Natur als Existenzgrundlage und Gesundheitsfaktor

Von Jacqueline Sturm und Thies W. Böttcher

Laut dem renommierten Psychiater und Mediziner John Ratey leiden wir an einer Naturdefizit-Störung. Dadurch nehmen Krankheiten wie Diabetes, Stress oder Burnout zu. Er sagt:
Raus in die Wildnis! Weniger ist mehr.[1]

Es würde wohl tatsächlich weniger sogenannte Zivilisationskrankheiten geben, wenn wir weniger auf unsere Smartphones schauen würden und weniger von asphaltierten Straßen und Betonmauern umgeben wären. Auch könnte es gesünder sein, wenn wir weniger Zeit damit verbringen würden, sitzend an Bildschirmen zu arbeiten. Wäre es hilfreich zur Vermeidung von Krankheiten, wenn wir mehr in die „Wildnis“ gehen würden?

Was ist denn überhaupt mit Wildnis gemeint? Was dabei anklingt ist der von Menschen nicht kontrollierbare Teil von Natur – das Undurchdringliche, Unbekannte, Unberührte. Um einen Schritt mehr auf die Natur zuzugehen oder mehr Natur im Umfeld zu erfahren, ist es aber auch nicht nötig, eine Expedition in die unberührte Wildnis zu wagen. Die Natur ist ja viel einfacher zugänglich und ist vielleicht schon beim Blick aus dem Fenster erfahrbar.

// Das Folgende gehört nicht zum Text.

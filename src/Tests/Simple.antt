-- ===== src/Tests/Simple.antt =====
-- Runs of cmd/simpleworker.
use hambo.Base.{
  ℕ, String, Bool, true, false, [], ◌∷◌, Option, none, some, ok, Error, failure, ◌≡◌, refl, differ,
  dec_string, arith,
}
use hambo.Base.Int.{ℤ, pos}
use hambo.SimpleWorker.{ContainerConfig, apply_container_defaults, validate_container}
use hambo.SimpleWorker.Docker.{Docker, found, absent}
use hambo.SimpleWorker.Docker.Reports.{Speaks}
use hambo.SimpleWorker.Daemon.{
  one, Containers, fresh, insert, in_state, handle_run_container, handle_get_container,
}
use hambo.SimpleWorker.Daemon.Pending.{
  Reach, begun, requested, Running, marked, Answers, handle_get_container-Answers,
}

-- A daemon that has the image "busybox" and gives every container the ID "docker".
abbrev docker : Docker ℕ
docker = record {
  image_inspect = λ name d. found (record { id = "image"; entrypoint = "sh" ∷ [] });
  image_pull = λ name d. (ok tt, d);
  pull_wait = λ name d. (ok tt, d);
  container_create = λ o d. (ok "docker", d);
  container_start = λ id d. (ok tt, d);
  container_inspect = λ id d. absent (failure "no such container");
}

abbrev text : Error → String
text e = "error"

speaks : Speaks docker text
speaks = record {
  texts = λ e. differ "error" "" (unfold dec_string in refl);
  ids = λ o d d' id h e. differ "docker" "" (unfold dec_string in refl) (ground arith);
}

abbrev config : ContainerConfig
config = record {
  name = "web-1";
  image = "busybox";
  pull_policy = "";
  entrypoint = none;
  command = none;
  environment = [];
  working_dir = "";
  restart = "";
  stop_grace_period = "";
}

abbrev parses_image : String → Bool
parses_image s = true

abbrev parse_duration : String → Option ℤ
parse_duration s = some (pos 10000000000)

abbrev no_containers : Containers
no_containers id = none

abbrev none_running : Running
none_running id = false

stored : Containers
unfolding apply_container_defaults insert
stored = insert "c" (fresh "c" (apply_container_defaults config)) no_containers

is_accepted : handle_run_container parses_image parse_duration "c" (one config) no_containers ≡ (
  (
    (202, some (in_state "pending" (fresh "c" (apply_container_defaults config)))),
    some (fresh "c" (apply_container_defaults config)),
  ),
  stored,
)
unfolding stored handle_run_container validate_container dec_string
is_accepted = refl

abbrev PendingReached : Type 0
PendingReached =
    Reach docker parses_image parse_duration text speaks stored (marked none_running "c" true)

reached : PendingReached
reached =
    requested "c" (one config)
      (202, some (in_state "pending" (fresh "c" (apply_container_defaults config))))
      (fresh "c" (apply_container_defaults config)) begun refl is_accepted

is_stored : stored "c" ≡ some (fresh "c" (apply_container_defaults config))
unfolding stored dec_string
is_stored = refl

handle_get_container-Answers_example :
    Answers docker parses_image parse_duration text speaks
      (fresh "c" (apply_container_defaults config))
      (marked none_running "c" true "c")
      7
      (handle_get_container docker "c" stored 7)
handle_get_container-Answers_example =
    handle_get_container-Answers docker parses_image parse_duration text speaks stored
      (marked none_running "c" true) "c" (fresh "c" (apply_container_defaults config)) 7 reached
      is_stored
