-- ===== src/Tests/Stores.antt =====
-- A table in memory.
use hambo.Base.{ℕ}
use hambo.Store.{IsLawful}
use hambo.Store.Collection.{table}
use hambo.Store.Laws.{table-IsLawful}
use hambo.Store.Memory.{memory, memory-IsBucket, plain, plain-IsCodec}

table-IsLawful_example : IsLawful (table (memory {D = ℕ}) plain)
table-IsLawful_example = table-IsLawful memory-IsBucket plain-IsCodec
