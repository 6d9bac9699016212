-- ===== src/Worker/Join/Outcome.antt =====
-- What one run of `Join` (internal/worker/join.go) can come to.
use hambo.Base.{
  ℕ, String, true, false, not, ◌&&◌, ◌||◌, List, Result, ok, err, Error, failure, ◌==◌, ◌≡◌, ◌≢◌,
  ◌⊎◌, inl, inr, refl, sym, subst, arith, Result-cases, Bool-cases,
}
use hambo.Base.Text.{trim_space}
use hambo.Token
use hambo.Token.{parse}
use hambo.Api.Http.{JoinNodeResponse}
use hambo.Client.Enrollment.{Crypto, fetch_and_verify_ca, join_node, join_node_inv}
use hambo.Worker.State.{State, Disk, no_file, damaged, file, load_state, save_state}
use hambo.Worker.Join.{
  JoinConfig, JoinResult, Run, pending_state, request_of, is_empty, completed, complete, contact,
  store, saved, enroll, begin, begin_parsed, begin_with, begin_saved, resume, resume_parsed,
  configured, continue_with, loaded, join,
}

module _ {X : Type 0} (crypto : Crypto X) where
  -- A run that contacts the server has failed and left the file, or stored the credentials.
  pub data Contacted (s : State) (d : Disk) (result : Result JoinResult × Disk) : Type 0 where
    failed : (e : Error) → result ≡ (err e, d) → Contacted s d result
    succeeded :
        (ca : X) (r : JoinNodeResponse)
        → r.node_id ≢ ""
        → r.certificate ≢ ""
        → result ≡ (
          ok (record { node_id = r.node_id; already_configured = false }),
          file (completed crypto ca r s),
        )
        → Contacted s d result

  contact_inv :
      (run : Run X) (s s' : State) (t : Token.Token)
      → contact crypto run s t ≡ ok s'
      → (ca : X) × (r : JoinNodeResponse) × (r.node_id ≢ "")
        × (r.certificate ≢ "")
        × (s' ≡ completed crypto ca r s)
  unfolding contact complete
  contact_inv run s s' t h =
      elim (Result-cases (fetch_and_verify_ca crypto t.ca_fingerprint run.ca_reply)) [
        | inr (e, p) ↦ absurd (ground arith)
        | inl (ca, p) ↦
            elim (Result-cases (join_node t.secret (run.join_reply ca t.secret (request_of s)))) [
              | inr (e, q) ↦ absurd (ground arith)
              | inl (r, q) ↦
                  let (n, c) =
                    join_node_inv t.secret (run.join_reply ca t.secret (request_of s)) r q in
                  (ca, r, n, c, ground arith)
            ]
      ]

  store-Contacted :
      (run : Run X) (s : State) (d : Disk) (ca : X) (r : JoinNodeResponse)
      → r.node_id ≢ ""
      → r.certificate ≢ ""
      → Contacted s d (store crypto run (ok (completed crypto ca r s)) d)
  unfolding store saved save_state completed
  store-Contacted run s d ca r n c = elim (Bool-cases run.last_save) [
    | inl w ↦ succeeded ca r n c (ground arith)
    | inr w ↦ failed (failure "save worker state") (ground arith)
  ]

  enroll-Contacted :
      (run : Run X) (s : State) (t : Token.Token) (d : Disk)
      → Contacted s d (enroll crypto run s t d)
  unfolding enroll
  enroll-Contacted run s t d = elim (Result-cases (contact crypto run s t)) [
    | inr (e, p) ↦ failed e (rw (p, store) refl)
    | inl (s', p) ↦
        let (ca, r, n, c, is) = contact_inv run s s' t p in
        rw p (
          subst (λ x. Contacted s d (store crypto run (ok x) d)) (sym is)
            (store-Contacted run s d ca r n c))
  ]

  -- What a run from a given file comes to: an error that changes nothing, an enrollment that
  -- was just begun and has failed, credentials that are stored, or credentials that were there.
  pub data Outcome (run : Run X) (cfg : JoinConfig) (d : Disk) (result : Result JoinResult × Disk)
      : Type 0 where
    unchanged : (e : Error) → result ≡ (err e, d) → Outcome run cfg d result
    begun :
        (e : Error) (key : String) (csr : List ℕ) (t : Token.Token)
        → d ≡ no_file
        → run.key_and_csr ≡ ok (key, csr)
        → trim_space cfg.token ≢ ""
        → parse crypto.decode cfg.token ≡ ok t
        → result ≡ (err e, file (pending_state cfg key csr))
        → Outcome run cfg d result
    enrolled :
        (s : State) (ca : X) (r : JoinNodeResponse)
        → r.node_id ≢ ""
        → r.certificate ≢ ""
        → s.server_url ≡ cfg.server_url
        → s.name ≡ cfg.name
        → (d ≡ file s)
          ⊎ ((key : String) × (csr : List ℕ) × (run.key_and_csr ≡ ok (key, csr))
              × (s ≡ pending_state cfg key csr))
        → result ≡ (
          ok (record { node_id = r.node_id; already_configured = false }),
          file (completed crypto ca r s),
        )
        → Outcome run cfg d result
    was_complete :
        (s : State)
        → d ≡ file s
        → s.node_id ≢ ""
        → s.private_key ≢ ""
        → s.certificate ≢ ""
        → s.ca_certificate ≢ ""
        → s.server_url ≡ cfg.server_url
        → s.name ≡ cfg.name
        → result ≡ (ok (record { node_id = s.node_id; already_configured = true }), d)
        → Outcome run cfg d result

  begin_with-Outcome :
      (run : Run X) (cfg : JoinConfig) (t : Token.Token)
      → trim_space cfg.token ≢ ""
      → parse crypto.decode cfg.token ≡ ok t
      → Outcome run cfg no_file (begin_with crypto run cfg t run.key_and_csr no_file)
  unfolding begin_with begin_saved save_state
  begin_with-Outcome run cfg t some_token parsed = elim (Result-cases run.key_and_csr) [
    | inr (e, p) ↦ unchanged e (ground arith)
    | inl ((key, csr), p) ↦ elim (Bool-cases run.first_save) [
      | inr w ↦ unchanged (failure "save worker state") (ground arith)
      | inl w ↦
          elim (enroll-Contacted run (pending_state cfg key csr) t
            (file (pending_state cfg key csr))) [
              | failed e is ↦ begun e key csr t refl p some_token parsed (ground arith)
              | succeeded ca r n c is ↦
                  enrolled (pending_state cfg key csr) ca r n c refl refl (inr (key, csr, p, refl))
                    (ground arith)
            ]
    ]
  ]

  resume_parsed-Outcome :
      (run : Run X) (cfg : JoinConfig) (s : State) (o : Result Token.Token)
      → s.server_url ≡ cfg.server_url
      → s.name ≡ cfg.name
      → Outcome run cfg (file s) (resume_parsed crypto run s o (file s))
  unfolding resume_parsed
  resume_parsed-Outcome run cfg s (err e) same_url same_name = unchanged e refl
  resume_parsed-Outcome run cfg s (ok t) same_url same_name =
      elim (enroll-Contacted run s t (file s)) [
        | failed e is ↦ unchanged e is
        | succeeded ca r n c is ↦ enrolled s ca r n c same_url same_name (inl refl) is
      ]

  resume-Outcome :
      (run : Run X) (cfg : JoinConfig) (s : State)
      → s.server_url ≡ cfg.server_url
      → s.name ≡ cfg.name
      → Outcome run cfg (file s) (resume crypto run cfg s (file s))
  unfolding resume
  resume-Outcome run cfg s same_url same_name =
      elim (Bool-cases (not (s.certificate == "") || not (s.ca_certificate == ""))) [
        | inl a ↦ unchanged (failure "saved enrollment state is inconsistent") (ground arith)
        | inr a ↦ elim (Bool-cases (s.token == "" || s.private_key == "" || is_empty s.csr)) [
          | inl b ↦ unchanged (failure "saved enrollment is incomplete") (ground arith)
          | inr b ↦ elim (Bool-cases (not (cfg.token == "") && not (cfg.token == s.token))) [
            | inl c ↦
                unchanged (failure "token differs from saved enrollment: run reset first")
                  (ground arith)
            | inr c ↦
                rw (a, b, c)
                  (resume_parsed-Outcome run cfg s (parse crypto.decode s.token) same_url same_name)
          ]
        ]
      ]

  configured-Outcome :
      (run : Run X) (cfg : JoinConfig) (s : State)
      → s.server_url ≡ cfg.server_url
      → s.name ≡ cfg.name
      → s.node_id ≢ ""
      → Outcome run cfg (file s) (configured crypto s (file s))
  unfolding configured
  configured-Outcome run cfg s same_url same_name node =
      elim (Bool-cases (s.private_key == "" || s.certificate == "" || s.ca_certificate == "")) [
        | inl a ↦ unchanged (failure "saved worker credentials are incomplete") (ground arith)
        | inr a ↦
            was_complete s refl node (ground arith) (ground arith) (ground arith) same_url same_name
              (ground arith)
      ]

  continue_with-Outcome :
      (run : Run X) (cfg : JoinConfig) (s : State)
      → Outcome run cfg (file s) (continue_with crypto run cfg s (file s))
  unfolding continue_with
  continue_with-Outcome run cfg s =
      elim (Bool-cases (not (s.server_url == cfg.server_url) || not (s.name == cfg.name))) [
        | inl a ↦
            unchanged (failure "server or name differs from saved enrollment: run reset first")
              (ground arith)
        | inr a ↦ elim (Bool-cases (s.node_id == "")) [
          | inl e ↦ rw (a, e) (resume-Outcome run cfg s (ground arith) (ground arith))
          | inr e ↦
              rw (a, e) (configured-Outcome run cfg s (ground arith) (ground arith) (ground arith))
        ]
      ]

  begin-Outcome :
      (run : Run X) (cfg : JoinConfig) → Outcome run cfg no_file (begin crypto run cfg no_file)
  unfolding begin begin_parsed
  begin-Outcome run cfg = elim (Bool-cases (trim_space cfg.token == "")) [
    | inl a ↦ unchanged (failure "join token is required for enrollment") (ground arith)
    | inr a ↦ elim (Result-cases (parse crypto.decode cfg.token)) [
      | inr (e, p) ↦ unchanged e (ground arith)
      | inl (t, p) ↦ rw (a, p) (begin_with-Outcome run cfg t (ground arith) p)
    ]
  ]

  pub join-Outcome :
      (run : Run X) (cfg : JoinConfig) (d : Disk) → Outcome run cfg d (join crypto run cfg d)
  unfolding join loaded load_state
  join-Outcome run cfg d = elim (Bool-cases run.locks) [
    | inr l ↦ unchanged (failure "lock data directory") (ground arith)
    | inl l ↦ subst (Outcome run cfg d) (ground arith) (at_file d)
  ]
    where
      at_file : (d : Disk) → Outcome run cfg d (loaded crypto run cfg (load_state d) d)
      at_file no_file = begin-Outcome run cfg
      at_file damaged = unchanged (failure "read worker state") refl
      at_file (file s) = continue_with-Outcome run cfg s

Lieblingsorte in kultivierter Natur

Es macht auch wenig Sinn, auszublenden, dass der Mensch in einem komplexen, kämpferischen Verhältnis mit der Natur steht. Natur wird einerseits als Rohstoff behandelt, genutzt und zerstört und andererseits gibt es Gefahren durch die „wilde“, durch Menschen gezähmte, Natur. Die Wespe, die einem das Essen streitig macht und mit schmerzhaften Stichen droht und auch Pollen, die Allergiker:innen jede Freude an der Natur nehmen können, sind eher individuell lästig.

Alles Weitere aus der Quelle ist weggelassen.